1. Field of the Invention
The present invention relates to an organic light emitting display, and more particularly, to a data driver and an organic light emitting display using demultiplexers, and the data driver supplies data signals for the same color to each demultiplexer.
2. Description of the Related Technology
Alternative to cathode ray tube (CRT) displays, flat panel displays are today popular. In particular, an organic light emitting display has excellent brightness and viewing angle characteristics, and thus, is believed by many to be the next generation of flat panel displays.
Unlike a liquid crystal display (LCD), the organic light emitting display employs a light emitting diode to emit light without a separate light source. Such a light emitting diode emits light corresponding to the a driving current flowing in an anode electrode.

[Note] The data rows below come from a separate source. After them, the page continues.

-- ===== src/LoadTest/Weights.antt =====
-- The choice of an operation by its weight, in TestRunner.cpp.
use libkvs.Prelude.{
  ℕ, ◌+◌, ◌-◌, ◌%◌, ◌^◌, ◌≤◌, ◌<◌, ◌≡◌, ◌∙◌, refl, sym, ap, subst, true, false, Option, none, some,
  List, [], ◌∷◌, ltb, if◌then◌else◌, arith, Bool-cases, inl, inr, All,
}
use libkvs.RandomUtils.{random, random_between, ◌>>=◌}
use libkvs.LoadTest.{
  TestOptions, Operation, k_read, k_write, k_delete, k_mount, k_unmount, k_key_range_query,
  OperationWeight, operation_weights, add_weights, sub_int, is_not_positive, choose,
  get_random_operation,
}

-- The weights one behind the other on the numbers from 0: the one on which a number lies.
unfoldable pub operation_at : ℕ → List OperationWeight → Option Operation
operation_at r [] = none
operation_at r (w ∷ ws) =
    let rest = operation_at (r - w.weight) ws in if ltb r w.weight then some w.operation else rest

abbrev pub weight_of : TestOptions → Operation → ℕ
weight_of o k_read = o.reads_weight
weight_of o k_write = o.writes_weight
weight_of o k_delete = o.deletes_weight
weight_of o k_mount = o.mounts_weight
weight_of o k_unmount = o.unmounts_weight
weight_of o k_key_range_query = o.krqs_weight

unfoldable pub sum_weights : List OperationWeight → ℕ
sum_weights [] = 0
sum_weights (w ∷ ws) = w.weight + sum_weights ws

add_weights_lem :
    (total : ℕ) (ws : List OperationWeight)
    → total + sum_weights ws < 2 ^ 64
    → add_weights total ws ≡ total + sum_weights ws
unfolding add_weights sum_weights
add_weights_lem total [] h = omega arith
add_weights_lem total (w ∷ ws) h =
    add_weights_lem ((total + w.weight) % 2 ^ 64) ws (omega arith) ∙ omega arith

-- One step of the loop, on numbers that an int holds.
ends :
    (value weight : ℕ)
    → value < 2 ^ 31
    → weight < 2 ^ 31
    → value ≤ weight
    → is_not_positive (sub_int value weight) ≡ true
ends value weight v w h = ground arith

goes_on :
    (value weight : ℕ) → value < 2 ^ 31 → weight < value → sub_int value weight ≡ value - weight
goes_on value weight v h = omega arith

stays_positive : (value : ℕ) → 0 < value → value < 2 ^ 31 → is_not_positive value ≡ false
stays_positive value p v = ground arith

choose-operation_at :
    (value : ℕ) (ws : List OperationWeight)
    → 0 < value
    → value < 2 ^ 31
    → sum_weights ws < 2 ^ 31
    → choose value ws ≡ operation_at (value - 1) ws
unfolding choose sum_weights operation_at
choose-operation_at value [] p v s = refl
choose-operation_at value (w ∷ ws) p v s = elim (Bool-cases (ltb (value - 1) w.weight)) [
  | inl e ↦ rw (e, ends value w.weight v (omega arith) (ground arith)) refl
  | inr e ↦
      let lt : w.weight < value = ground arith in
      rw
        (
          e,
          goes_on value w.weight v lt,
          stays_positive (value - w.weight) (omega arith) (omega arith),
          choose-operation_at (value - w.weight) ws (omega arith) (omega arith) (omega arith),
        )
        (ap (λ r. operation_at r ws) (omega arith))
]

-- A number below the sum lies on an operation of positive weight.
operation_at_total :
    (o : TestOptions) (r : ℕ) (ws : List OperationWeight)
    → All (λ (w : OperationWeight). weight_of o w.operation ≡ w.weight) ws
    → r < sum_weights ws
    → (op : Operation) × (operation_at r ws ≡ some op) × (0 < weight_of o op)
unfolding sum_weights operation_at
operation_at_total o r [] h lt = absurd (omega arith)
operation_at_total o r (w ∷ ws) h lt = elim (Bool-cases (ltb r w.weight)) [
  | inl e ↦ (w.operation, rw e refl, subst (λ n. 0 < n) (sym h.0) (ground arith))
  | inr e ↦
      let (op, found, positive) = operation_at_total o (r - w.weight) ws h.1 (ground arith) in
      (op, rw e found, positive)
]

get_random_operation-operation_at :
    (draw : ℕ) (ws : List OperationWeight)
    → 0 < sum_weights ws
    → sum_weights ws < 2 ^ 31
    → get_random_operation draw (add_weights 0 ws) ws ≡ operation_at (draw % sum_weights ws) ws
unfolding get_random_operation random random_between
get_random_operation-operation_at draw ws p s =
    let n = draw % sum_weights ws in
    let lt : n < sum_weights ws = grind arith in
    let small : n + 1 < 2 ^ 32 = omega arith in
    let same : (n + 1) % 2 ^ 32 ≡ n + 1 = omega arith in
    let whole : sum_weights ws - 0 ≡ sum_weights ws = omega arith in
    let drawn : 0 + draw % (sum_weights ws - 0) ≡ n = rw whole (omega arith) in
    let total : add_weights 0 ws ≡ sum_weights ws =
      add_weights_lem 0 ws (omega arith) ∙ omega arith in
    let tested : ltb 0 (sum_weights ws) ≡ true = ground arith in
    rw (total, tested, drawn, ◌>>=◌, same)
      (choose-operation_at (n + 1) ws (omega arith) (omega arith) s
        ∙ ap (λ r. operation_at r ws) (omega arith))

-- If the sum of the weights is positive and below 2^31, every draw gives the operation on whose
-- part of the sum it falls, and the weight of that operation is positive.
pub get_random_operation_total :
    (o : TestOptions) (draw : ℕ)
    → let weights = operation_weights o in
      0 < sum_weights weights
      → sum_weights weights < 2 ^ 31
      → (op : Operation) × (get_random_operation draw (add_weights 0 weights) weights ≡ some op)
        × (operation_at (draw % sum_weights weights) weights ≡ some op)
        × (0 < weight_of o op)
unfolding operation_weights
get_random_operation_total o draw p s =
    let ws = operation_weights o in
    let n = draw % sum_weights ws in
    let lt : n < sum_weights ws = grind arith in
    let (op, found, positive) =
      operation_at_total o n ws (refl, (refl, (refl, (refl, (refl, (refl, tt)))))) lt in
    (op, get_random_operation-operation_at draw ws p s ∙ found, found, positive)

FIG. 1 illustrates a conventional organic light emitting display.
The organic light emitting display includes a pixel portion 10, a scan driver 20, a data driver 30, and an emission control driver 40.
The scan driver 20 sequentially supplies scan signals to scan lines S1 through Sn in response to a scan control signal, i.e., a start pulse and a clock signal, from a timing controller (not shown).
The data driver 30 supplies data voltages corresponding to red (R), green (G) and blue (B) data to data lines D1 though Dm in response to a data control signal from the timing controller.
The emission control driver 40 includes a shift register, etc., and sequentially supplies emission control signals to emission control lines E1 through En in response to the start pulse and the clock signal from the timing controller.
The pixel portion 10 includes a plurality of pixels P11 through Pnm placed in regions where a plurality of scan lines S1 through Sn, a plurality of data lines DR1 through DBm, and a plurality of emission control lines E1 through En intersect with one another. Here, the pixel portion 10 displays an image corresponding to the applied data voltage.
Note that, one unit pixel Pnm includes red, green and blue sub-pixels PRnm, PGnm and PBnm.
The red, green and blue sub-pixels PRnm, PGnm and PBnm of the pixel portion 10 are structured to have the same pixel circuits, and emit red, green and blue light corresponding to the current applied to an organic light emitting diode, respectively. Thus, the pixel Pnm displays a color obtained by combining the light emitted by the red, green and blue sub-pixels PRnm, PGnm and PBnm.
The organic light emitting display is in need of m×3 data driving circuits supplying the data signals to m×3 (red, green and blue) data lines connecting the data driver 30 with the pixel portion 10. However, due to the size and the manufacturing cost of a panel, it is difficult to provide the organic light emitting display with a data driving circuit for each of the data lines. As the number of pixels increases, the organic light emitting display needs to have more data driving circuits.
FIG. 2 illustrates a data driver of the conventional organic light emitting display.
Referring to FIG. 2, the conventional organic light emitting display includes the data driver 30 having a demultiplexer 32.
The data driver 30 includes m demultiplexers 32 supplying the data signals to the data lines DRm, DGm, DBm corresponding to the red, green and blue sub-pixels PRnm, PGnm and PBnm of the pixel portion 10, respectively, and m data driving circuits 31 connected to the respective demultiplexers 32 and supplying the red, green and blue data signals to the respective demultiplexers 32.
Each data driving circuit 31 receives red, green and blue data from the timing controller and processes them in order to supply the red, green and blue data signals to data output lines DLm.
The data output lines DLm sequentially supply the red, green and blue data signals to input terminals of the demultiplexer 32.
The demultiplexer 32 sequentially supplies the data signals to the red, green or blue sub-pixels PRnm, PGnm and PBnm in response to the control signal of the timing controller, respectively.
Thus, one demultiplexer 32 supplies the data signals to three data lines DRm, DGmm and DBm, so that the number of data driving circuits is reduced to ⅓ of the number of sub-pixel columns.
However, in the conventional organic light emitting display, the organic light emitting diodes displaying red, green and blue of the pixel Pnm are different in emission efficiency according to colors, so that a gamma value should be selected for one data driving circuit 31 differently according to red, green and blue when all the red, green and blue data are processed by one data driving circuit 31. Therefore, even though white is displayed, the data driving circuit supplies red, green and blue data with different gamma values from thereby increasing power consumption due to the changes in data input.